Als Fehler bekomme ich

java.sql.SQLTransientConnectionException: connection exception: connection failure: java.io.EOFException


Kann mir da jemand weiterhelfen? Auf dem einen Laptop funktioniert es so einwandfrei, auf meinem aber nicht...


----------



## DerEisteeTrinker (14. Jan 2010)

hast du nachgeschaut, ob die Version von HSQLDB auch für Windows 7 zugelassen ist. ich weiß nicht, was KleinWeich da wieder alles drinne verbrochen hat in dem OS


----------



## frapo (18. Jan 2010)

DerEisteeTrinker hat gesagt.:


> hast du nachgeschaut, ob die Version von HSQLDB auch für Windows 7 *zugelassen* ist.



Hm, was soll denn zugelassen heissen? HSQLDB besteht doch nur aus jar-Files. Kann mir nicht vorstellen, dass selbst MS, auf den Gedanken kommen könnte, einzelne Java-Archivdateien zu bannen.  

EOFException (Java Platform SE 6) sagt ja etwas mehr zu dem Fehler. Was das nun mit XP oder Teletubbies V7 zu tun haben könnte, wüsste ich auch nicht.


----------



## maki (18. Jan 2010)

Könnte es sein dass eine FW den Port blockiert?


----------



## DerEisteeTrinker (19. Jan 2010)

@frapo

du weißt nicht, was KleinWeich wieder für unnötige Spielereien eingebaut hat. sonst könnte ich die Xp progs auf Windows 7 benutzen. geht aber net. Selbst die VM benutzt unter Windows die libs von KleinWeich und somit auch HSQLDB. somit kann es sein, dass HSQLDB die Verbindung nicht sauber hinbekommt. Schau auf der Seite von HSQLDB nach, ob es für Windows 7 schon getestet wurde.


----------



## frapo (20. Jan 2010)

DerEisteeTrinker hat gesagt.:


> @frapo
> 
> Schau auf der Seite von HSQLDB nach, ob es für Windows 7 schon getestet wurde.



Tät ich glatt machen, wenn auf HSQLDB irgendetwas, zu irgendeinem OS erwähnt werden würde. So wie ich das sehe, gibt es keine Besonderheiten zu irgendeinem OS, so wie ich das von Jars ja auch erwarten würde. Wie maki schon meinte, es könnte irgendeine Einstellungssache im OS sein. 

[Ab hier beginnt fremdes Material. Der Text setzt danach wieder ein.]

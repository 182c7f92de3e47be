-- ===== src/PathMatch/Class.antt =====
-- pm_list(): whether a byte is in the class that is written between two brackets.
use archive_tar_builder.Prelude.{
  ℕ, zero, suc, ◌+◌, ◌%◌, Bool, true, false, not, [], ◌∷◌, ◌==◌, leb, ◌&&◌, ◌||◌, if◌then◌else◌,
  Bytes, length,
}

abbrev pub backslash : ℕ
backslash = 92

-- The order of `char`, which is signed: bytes from 128 on are negative.
unfoldable pub char_le : ℕ → ℕ → Bool
char_le a b = leb ((a + 128) % 256) ((b + 128) % 256)

abbrev pub is_nil : Bytes → Bool
is_nil [] = true
is_nil (_ ∷ _) = false

-- `*p`, where `p` points into the class: behind its last byte stands the closing bracket.
abbrev pub at : Bytes → ℕ
at [] = b']'
at (x ∷ _) = x

abbrev pub behind : Bytes → Bytes
behind [] = []
behind (_ ∷ p) = p

-- The loop of pm_list(), from `p` to the end of the class. `accept` is `match`, and `nomatch` is its
-- opposite; `range_start` is 0 where no range can start. Each round drops a byte: as many rounds as
-- there are bytes reach the end.
unfoldable pub scan : ℕ → Bool → ℕ → ℕ → Bytes → Bool
unfolding char_le
scan zero accept c range_start p = not accept
scan (suc f) accept c range_start [] = not accept
scan (suc f) accept c range_start (x ∷ p) =
    let dash = if x == c then accept else scan f accept c 0 p in
    let last = if at p == backslash then behind p else p in
    let range =
      if char_le range_start c && char_le c (at last)
      then accept
      else scan f accept c 0 (behind last) in
    let here = if x == backslash then p else x ∷ p in
    let single = if at here == c then accept else scan f accept c (at here) (behind here) in
    if x == b'-' then (if range_start == 0 || is_nil p then dash else range) else single

-- The first byte of a class may negate it.
abbrev pub negates : ℕ → Bool
negates x = x == b'!' || x == b'^'

unfoldable pub pm_list : Bytes → ℕ → Bool
unfolding scan
pm_list [] c = false
pm_list (x ∷ p) c =
    if negates x then scan (length p) false c 0 p else scan (suc (length p)) true c 0 (x ∷ p)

Weder in der Doku, noch in der FAQ kann ich zu diesem Thema irgendetwas finden. Aber vielleicht hast du ja einen konkreten Link dazu? 

Gruß
frapo


----------



## thom (22. Jan 2010)

Deine Klasse versucht sich über eine Netzwerkverbindung mit der Datenbank tutorial auf einem HSQL-Server (auf Deinem Rechner zu verbinden). Gibt es die Datenbank auf Deinem Rechner überhaupt? Ist der Server über das Netzwerk erreichbar (die Frage nach einer lokalen Firewall ist ja schon gefallen)?

Ändere doch mal die Connection-URL auf:
jdbc:hsqldb:mem:.
Dann wird eine Datenbank im Speicher Deines Computers angelegt und benutzt.
Damit mußt Du dann andere Fehlermeldungen bekommen, weil Deine Klasse Tabellen abfragt, die vorher nicht angelegt worden sind.

Btw. Du schreibst da was von "Script". Welches Script meinst Du?

Thom


----------